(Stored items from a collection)

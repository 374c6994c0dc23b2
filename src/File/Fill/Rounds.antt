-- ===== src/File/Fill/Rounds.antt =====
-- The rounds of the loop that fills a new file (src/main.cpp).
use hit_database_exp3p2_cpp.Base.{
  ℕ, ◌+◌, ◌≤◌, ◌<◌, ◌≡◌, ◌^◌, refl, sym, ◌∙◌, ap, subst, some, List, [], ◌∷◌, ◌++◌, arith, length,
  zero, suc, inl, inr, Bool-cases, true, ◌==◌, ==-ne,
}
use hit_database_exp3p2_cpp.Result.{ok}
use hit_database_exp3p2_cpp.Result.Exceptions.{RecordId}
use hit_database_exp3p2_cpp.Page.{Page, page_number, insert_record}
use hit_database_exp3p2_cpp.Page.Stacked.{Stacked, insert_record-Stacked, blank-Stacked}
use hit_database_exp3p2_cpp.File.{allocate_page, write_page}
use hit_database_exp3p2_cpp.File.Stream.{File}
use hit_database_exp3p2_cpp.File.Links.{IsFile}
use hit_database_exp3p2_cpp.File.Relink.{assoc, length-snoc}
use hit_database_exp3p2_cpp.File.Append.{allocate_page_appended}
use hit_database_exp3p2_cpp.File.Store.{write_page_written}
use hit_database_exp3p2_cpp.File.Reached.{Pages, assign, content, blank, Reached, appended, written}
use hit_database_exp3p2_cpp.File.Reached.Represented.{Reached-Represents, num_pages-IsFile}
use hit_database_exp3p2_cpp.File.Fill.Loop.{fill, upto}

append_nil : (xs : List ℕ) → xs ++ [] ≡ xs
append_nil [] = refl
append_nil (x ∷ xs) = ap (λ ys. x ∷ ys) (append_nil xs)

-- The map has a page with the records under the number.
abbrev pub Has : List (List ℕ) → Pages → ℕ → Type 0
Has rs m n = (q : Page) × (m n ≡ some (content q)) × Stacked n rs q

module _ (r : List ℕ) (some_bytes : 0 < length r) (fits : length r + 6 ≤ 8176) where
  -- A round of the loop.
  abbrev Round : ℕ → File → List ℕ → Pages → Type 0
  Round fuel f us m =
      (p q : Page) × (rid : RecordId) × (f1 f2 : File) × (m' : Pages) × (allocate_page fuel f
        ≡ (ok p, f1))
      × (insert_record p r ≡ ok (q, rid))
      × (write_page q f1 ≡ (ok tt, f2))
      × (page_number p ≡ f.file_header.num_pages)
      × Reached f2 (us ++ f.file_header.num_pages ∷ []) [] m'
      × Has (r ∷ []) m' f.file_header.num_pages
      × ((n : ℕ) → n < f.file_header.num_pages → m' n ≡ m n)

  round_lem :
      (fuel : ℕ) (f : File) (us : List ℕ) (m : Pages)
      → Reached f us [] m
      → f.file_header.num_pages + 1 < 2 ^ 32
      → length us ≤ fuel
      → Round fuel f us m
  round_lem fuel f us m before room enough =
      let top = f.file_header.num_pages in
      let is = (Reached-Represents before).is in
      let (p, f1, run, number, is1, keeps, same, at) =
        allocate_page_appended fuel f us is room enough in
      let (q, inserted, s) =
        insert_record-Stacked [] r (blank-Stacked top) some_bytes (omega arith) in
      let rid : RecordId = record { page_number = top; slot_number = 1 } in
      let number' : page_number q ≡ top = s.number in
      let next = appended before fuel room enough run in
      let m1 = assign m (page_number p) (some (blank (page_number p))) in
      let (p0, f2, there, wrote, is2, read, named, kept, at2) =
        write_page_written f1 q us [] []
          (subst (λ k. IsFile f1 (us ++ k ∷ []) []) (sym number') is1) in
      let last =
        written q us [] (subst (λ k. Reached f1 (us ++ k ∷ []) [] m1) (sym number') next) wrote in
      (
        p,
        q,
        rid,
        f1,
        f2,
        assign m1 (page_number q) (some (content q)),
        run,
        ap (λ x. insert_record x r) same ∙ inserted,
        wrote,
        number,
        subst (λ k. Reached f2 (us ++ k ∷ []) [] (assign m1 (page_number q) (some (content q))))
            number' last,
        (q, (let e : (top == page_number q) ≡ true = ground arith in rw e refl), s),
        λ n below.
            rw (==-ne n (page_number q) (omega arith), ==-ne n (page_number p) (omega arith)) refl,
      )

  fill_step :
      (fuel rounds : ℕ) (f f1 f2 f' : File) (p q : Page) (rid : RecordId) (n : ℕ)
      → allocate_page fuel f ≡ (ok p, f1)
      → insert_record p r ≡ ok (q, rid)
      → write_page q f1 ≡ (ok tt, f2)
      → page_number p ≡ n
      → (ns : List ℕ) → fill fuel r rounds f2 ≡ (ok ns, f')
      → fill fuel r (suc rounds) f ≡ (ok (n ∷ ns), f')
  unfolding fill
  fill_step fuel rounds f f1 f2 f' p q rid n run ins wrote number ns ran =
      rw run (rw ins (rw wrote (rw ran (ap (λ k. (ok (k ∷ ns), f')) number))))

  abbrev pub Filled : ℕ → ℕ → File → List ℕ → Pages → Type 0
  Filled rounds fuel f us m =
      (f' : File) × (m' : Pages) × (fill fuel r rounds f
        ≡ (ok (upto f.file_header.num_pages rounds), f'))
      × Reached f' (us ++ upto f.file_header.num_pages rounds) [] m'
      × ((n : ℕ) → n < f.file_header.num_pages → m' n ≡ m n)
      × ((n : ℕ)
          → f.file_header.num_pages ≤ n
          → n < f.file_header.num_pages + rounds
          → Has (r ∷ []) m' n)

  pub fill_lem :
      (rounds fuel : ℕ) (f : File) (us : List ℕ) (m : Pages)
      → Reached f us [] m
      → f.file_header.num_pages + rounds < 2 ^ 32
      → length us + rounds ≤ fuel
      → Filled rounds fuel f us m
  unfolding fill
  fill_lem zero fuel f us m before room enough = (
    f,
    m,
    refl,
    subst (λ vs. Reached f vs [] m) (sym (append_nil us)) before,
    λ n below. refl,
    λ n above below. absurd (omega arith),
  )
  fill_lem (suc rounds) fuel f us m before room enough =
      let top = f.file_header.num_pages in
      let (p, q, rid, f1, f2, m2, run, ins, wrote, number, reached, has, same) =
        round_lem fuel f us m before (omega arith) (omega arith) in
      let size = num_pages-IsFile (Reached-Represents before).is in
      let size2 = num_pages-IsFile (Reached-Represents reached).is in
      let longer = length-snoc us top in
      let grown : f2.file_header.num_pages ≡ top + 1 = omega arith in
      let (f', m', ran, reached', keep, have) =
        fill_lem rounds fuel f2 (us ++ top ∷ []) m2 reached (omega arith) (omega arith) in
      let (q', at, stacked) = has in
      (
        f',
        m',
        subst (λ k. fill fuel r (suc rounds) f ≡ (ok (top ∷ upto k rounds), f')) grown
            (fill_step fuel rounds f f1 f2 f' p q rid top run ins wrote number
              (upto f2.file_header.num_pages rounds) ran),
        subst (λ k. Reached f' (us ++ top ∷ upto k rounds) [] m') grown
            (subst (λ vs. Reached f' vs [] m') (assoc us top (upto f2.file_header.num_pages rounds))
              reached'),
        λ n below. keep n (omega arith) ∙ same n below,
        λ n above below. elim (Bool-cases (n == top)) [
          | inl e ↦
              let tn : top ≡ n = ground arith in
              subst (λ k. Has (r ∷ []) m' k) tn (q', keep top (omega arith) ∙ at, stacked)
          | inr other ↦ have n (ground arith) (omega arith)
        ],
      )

- **THE PROBLEM**: Type out each entry above again, exactly.

- **OUTPUT FOR THIS EXERCISE**:
repository 374c6994c0dc23b2
filename src/File/Fill/Rounds.antt
-- ===== src/File/Fill/Rounds.antt =====
-- The rounds of the loop that fills a new file (src/main.cpp).
use hit_database_exp3p2_cpp.Base.{
  ℕ, ◌+◌, ◌≤◌, ◌<◌, ◌≡◌, ◌^◌, refl, sym, ◌∙◌, ap, subst, some, List, [], ◌∷◌, ◌++◌, arith, length,
  zero, suc, inl, inr, Bool-cases, true, ◌==◌, ==-ne,
}
use hit_database_exp3p2_cpp.Result.{ok}
use hit_database_exp3p2_cpp.Result.Exceptions.{RecordId}
use hit_database_exp3p2_cpp.Page.{Page, page_number, insert_record}
use hit_database_exp3p2_cpp.Page.Stacked.{Stacked, insert_record-Stacked, blank-Stacked}
use hit_database_exp3p2_cpp.File.{allocate_page, write_page}
use hit_database_exp3p2_cpp.File.Stream.{File}
use hit_database_exp3p2_cpp.File.Links.{IsFile}
use hit_database_exp3p2_cpp.File.Relink.{assoc, length-snoc}
use hit_database_exp3p2_cpp.File.Append.{allocate_page_appended}
use hit_database_exp3p2_cpp.File.Store.{write_page_written}
use hit_database_exp3p2_cpp.File.Reached.{Pages, assign, content, blank, Reached, appended, written}
use hit_database_exp3p2_cpp.File.Reached.Represented.{Reached-Represents, num_pages-IsFile}
use hit_database_exp3p2_cpp.File.Fill.Loop.{fill, upto}

append_nil : (xs : List ℕ) → xs ++ [] ≡ xs
append_nil [] = refl
append_nil (x ∷ xs) = ap (λ ys. x ∷ ys) (append_nil xs)

-- The map has a page with the records under the number.
abbrev pub Has : List (List ℕ) → Pages → ℕ → Type 0
Has rs m n = (q : Page) × (m n ≡ some (content q)) × Stacked n rs q

module _ (r : List ℕ) (some_bytes : 0 < length r) (fits : length r + 6 ≤ 8176) where
  -- A round of the loop.
  abbrev Round : ℕ → File → List ℕ → Pages → Type 0
  Round fuel f us m =
      (p q : Page) × (rid : RecordId) × (f1 f2 : File) × (m' : Pages) × (allocate_page fuel f
        ≡ (ok p, f1))
      × (insert_record p r ≡ ok (q, rid))
      × (write_page q f1 ≡ (ok tt, f2))
      × (page_number p ≡ f.file_header.num_pages)
      × Reached f2 (us ++ f.file_header.num_pages ∷ []) [] m'
      × Has (r ∷ []) m' f.file_header.num_pages
      × ((n : ℕ) → n < f.file_header.num_pages → m' n ≡ m n)

  round_lem :
      (fuel : ℕ) (f : File) (us : List ℕ) (m : Pages)
      → Reached f us [] m
      → f.file_header.num_pages + 1 < 2 ^ 32
      → length us ≤ fuel
      → Round fuel f us m
  round_lem fuel f us m before room enough =
      let top = f.file_header.num_pages in
      let is = (Reached-Represents before).is in
      let (p, f1, run, number, is1, keeps, same, at) =
        allocate_page_appended fuel f us is room enough in
      let (q, inserted, s) =
        insert_record-Stacked [] r (blank-Stacked top) some_bytes (omega arith) in
      let rid : RecordId = record { page_number = top; slot_number = 1 } in
      let number' : page_number q ≡ top = s.number in
      let next = appended before fuel room enough run in
      let m1 = assign m (page_number p) (some (blank (page_number p))) in
      let (p0, f2, there, wrote, is2, read, named, kept, at2) =
        write_page_written f1 q us [] []
          (subst (λ k. IsFile f1 (us ++ k ∷ []) []) (sym number') is1) in
      let last =
        written q us [] (subst (λ k. Reached f1 (us ++ k ∷ []) [] m1) (sym number') next) wrote in
      (
        p,
        q,
        rid,
        f1,
        f2,
        assign m1 (page_number q) (some (content q)),
        run,
        ap (λ x. insert_record x r) same ∙ inserted,
        wrote,
        number,
        subst (λ k. Reached f2 (us ++ k ∷ []) [] (assign m1 (page_number q) (some (content q))))
            number' last,
        (q, (let e : (top == page_number q) ≡ true = ground arith in rw e refl), s),
        λ n below.
            rw (==-ne n (page_number q) (omega arith), ==-ne n (page_number p) (omega arith)) refl,
      )

  fill_step :
      (fuel rounds : ℕ) (f f1 f2 f' : File) (p q : Page) (rid : RecordId) (n : ℕ)
      → allocate_page fuel f ≡ (ok p, f1)
      → insert_record p r ≡ ok (q, rid)
      → write_page q f1 ≡ (ok tt, f2)
      → page_number p ≡ n
      → (ns : List ℕ) → fill fuel r rounds f2 ≡ (ok ns, f')
      → fill fuel r (suc rounds) f ≡ (ok (n ∷ ns), f')
  unfolding fill
  fill_step fuel rounds f f1 f2 f' p q rid n run ins wrote number ns ran =
      rw run (rw ins (rw wrote (rw ran (ap (λ k. (ok (k ∷ ns), f')) number))))

  abbrev pub Filled : ℕ → ℕ → File → List ℕ → Pages → Type 0
  Filled rounds fuel f us m =
      (f' : File) × (m' : Pages) × (fill fuel r rounds f
        ≡ (ok (upto f.file_header.num_pages rounds), f'))
      × Reached f' (us ++ upto f.file_header.num_pages rounds) [] m'
      × ((n : ℕ) → n < f.file_header.num_pages → m' n ≡ m n)
      × ((n : ℕ)
          → f.file_header.num_pages ≤ n
          → n < f.file_header.num_pages + rounds
          → Has (r ∷ []) m' n)

  pub fill_lem :
      (rounds fuel : ℕ) (f : File) (us : List ℕ) (m : Pages)
      → Reached f us [] m
      → f.file_header.num_pages + rounds < 2 ^ 32
      → length us + rounds ≤ fuel
      → Filled rounds fuel f us m
  unfolding fill
  fill_lem zero fuel f us m before room enough = (
    f,
    m,
    refl,
    subst (λ vs. Reached f vs [] m) (sym (append_nil us)) before,
    λ n below. refl,
    λ n above below. absurd (omega arith),
  )
  fill_lem (suc rounds) fuel f us m before room enough =
      let top = f.file_header.num_pages in
      let (p, q, rid, f1, f2, m2, run, ins, wrote, number, reached, has, same) =
        round_lem fuel f us m before (omega arith) (omega arith) in
      let size = num_pages-IsFile (Reached-Represents before).is in
      let size2 = num_pages-IsFile (Reached-Represents reached).is in
      let longer = length-snoc us top in
      let grown : f2.file_header.num_pages ≡ top + 1 = omega arith in
      let (f', m', ran, reached', keep, have) =
        fill_lem rounds fuel f2 (us ++ top ∷ []) m2 reached (omega arith) (omega arith) in
      let (q', at, stacked) = has in
      (
        f',
        m',
        subst (λ k. fill fuel r (suc rounds) f ≡ (ok (top ∷ upto k rounds), f')) grown
            (fill_step fuel rounds f f1 f2 f' p q rid top run ins wrote number
              (upto f2.file_header.num_pages rounds) ran),
        subst (λ k. Reached f' (us ++ top ∷ upto k rounds) [] m') grown
            (subst (λ vs. Reached f' vs [] m') (assoc us top (upto f2.file_header.num_pages rounds))
              reached'),
        λ n below. keep n (omega arith) ∙ same n below,
        λ n above below. elim (Bool-cases (n == top)) [
          | inl e ↦
              let tn : top ≡ n = ground arith in
              subst (λ k. Has (r ∷ []) m' k) tn (q', keep top (omega arith) ∙ at, stacked)
          | inr other ↦ have n (ground arith) (omega arith)
        ],
      )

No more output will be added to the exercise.